Requirement: In the records that follow, the lines from the one containing "AllocatesRun one_taken 3 (allocate_contiguous_frames" to the one containing "contiguous_run : Option ℕ", inclusive, are to be given again exactly.

Items listed in a dataset:
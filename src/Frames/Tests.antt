-- ===== src/Frames/Tests.antt =====
-- The frame allocator on a machine with 16 frames of memory: tests, and instances of its theorems.
use nwin_os.Common.{true, ℕ, ◌≡◌, refl, subst, List, [], ◌∷◌, Option, none, some, replicate, arith}
use nwin_os.Common.Bits.{set_bit, clear_bit, has_bit}
use nwin_os.Common.Outcome.{returned}
use nwin_os.Frames.{
  BitmapFrameAllocator, empty, force_set_bit, force_free_bit, test_bit, allocate_in, allocate_frame,
  deallocate_frame, reference_frame, free_run, set_run, contiguous_from, allocate_contiguous_frames,
}
use nwin_os.Frames.Bitmap.{bit_at, with_bit, without_bit}
use nwin_os.Frames.Laws.{IsValid}
use nwin_os.Frames.Search.{Allocates, allocate_frame-Allocates}
use nwin_os.Frames.Counts.{
  Releases, References, deallocate_frame-Releases, reference_frame-References,
}
use nwin_os.Frames.Contiguous.{AllocatesRun, allocate_contiguous_frames-AllocatesRun}
use nwin_os.Frames.Startup.{
  Entry, usable, init, set_up, max_addr_from, overflows, metadata_region, free_range, free_entry,
  free_usable,
}
use nwin_os.Frames.Startup.Exact.{init-free_frames}

abbrev memory_map : List Entry
memory_map = record { base = 0; size = 65536; kind = usable } ∷ []

abbrev pub fresh : BitmapFrameAllocator
fresh = record {
  bitmap = 1 ∷ 0 ∷ [];
  ref_counts = 1 ∷ replicate 15 0;
  total_frames = 16;
  last_free_frame_hint = 0;
}

init-fresh : init empty memory_map ≡ returned fresh
unfolding init set_up max_addr_from overflows metadata_region free_range free_entry free_usable
    force_free_bit force_set_bit set_run with_bit without_bit set_bit clear_bit empty
init-fresh = refl

pub fresh-IsValid : IsValid fresh
fresh-IsValid = (init-free_frames memory_map fresh ((λ u. refl), tt) init-fresh).3

-- Frame 0 is never free.
pub fresh_first : test_bit fresh 0 ≡ true
unfolding test_bit bit_at has_bit
fresh_first = refl

abbrev one_taken : BitmapFrameAllocator
one_taken = record {
  bitmap = 3 ∷ 0 ∷ [];
  ref_counts = 1 ∷ 1 ∷ replicate 14 0;
  total_frames = 16;
  last_free_frame_hint = 2;
}

allocate-fresh : allocate_frame fresh ≡ (some 4096, one_taken)
unfolding allocate_frame allocate_in test_bit bit_at has_bit force_set_bit with_bit set_bit
allocate-fresh = refl

abbrev pub shared : BitmapFrameAllocator
shared = record one_taken { ref_counts = 1 ∷ 2 ∷ replicate 14 0 }

abbrev pub two_taken : BitmapFrameAllocator
two_taken = record {
  bitmap = 7 ∷ 0 ∷ [];
  ref_counts = 1 ∷ 2 ∷ 1 ∷ replicate 13 0;
  total_frames = 16;
  last_free_frame_hint = 3;
}

reference-one_taken : reference_frame one_taken 4096 ≡ returned shared
unfolding reference_frame
reference-one_taken = refl

pub allocate-shared : allocate_frame shared ≡ (some 8192, two_taken)
unfolding allocate_frame allocate_in test_bit bit_at has_bit force_set_bit with_bit set_bit
allocate-shared = refl

init-free_frames_example : IsValid fresh
init-free_frames_example = (init-free_frames memory_map fresh ((λ u. refl), tt) init-fresh).3

allocate_frame-Allocates_example : Allocates fresh (allocate_frame fresh)
allocate_frame-Allocates_example = allocate_frame-Allocates fresh fresh-IsValid

one_taken-IsValid : IsValid one_taken
one_taken-IsValid =
    (subst (Allocates fresh) allocate-fresh (allocate_frame-Allocates fresh fresh-IsValid)).2.valid

pub shared-IsValid : IsValid shared
shared-IsValid =
    (subst (References one_taken 1) reference-one_taken
      (reference_frame-References one_taken 4096 one_taken-IsValid)).2.valid

pub two_taken-IsValid : IsValid two_taken
two_taken-IsValid =
    (subst (Allocates shared) allocate-shared
      (allocate_frame-Allocates shared shared-IsValid)).2.valid

deallocate_frame-Releases_example : Releases one_taken 1 (deallocate_frame one_taken 4099)
deallocate_frame-Releases_example = deallocate_frame-Releases one_taken 4099 one_taken-IsValid

allocate_contiguous_frames-AllocatesRun_example :
    AllocatesRun one_taken 3 (allocate_contiguous_frames one_taken 3)
allocate_contiguous_frames-AllocatesRun_example =
    allocate_contiguous_frames-AllocatesRun one_taken 3 one_taken-IsValid (omega arith)

contiguous_run : Option ℕ
unfolding allocate_contiguous_frames contiguous_from free_run set_run test_bit bit_at has_bit
    force_set_bit with_bit set_bit
contiguous_run = elim (allocate_contiguous_frames one_taken 3) [ none ↦ none | some (p, a) ↦ p ]

contiguous_run_lem : contiguous_run ≡ some 8192
unfolding contiguous_run
contiguous_run_lem = refl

Exercise result:
    AllocatesRun one_taken 3 (allocate_contiguous_frames one_taken 3)
allocate_contiguous_frames-AllocatesRun_example =
    allocate_contiguous_frames-AllocatesRun one_taken 3 one_taken-IsValid (omega arith)

contiguous_run : Option ℕ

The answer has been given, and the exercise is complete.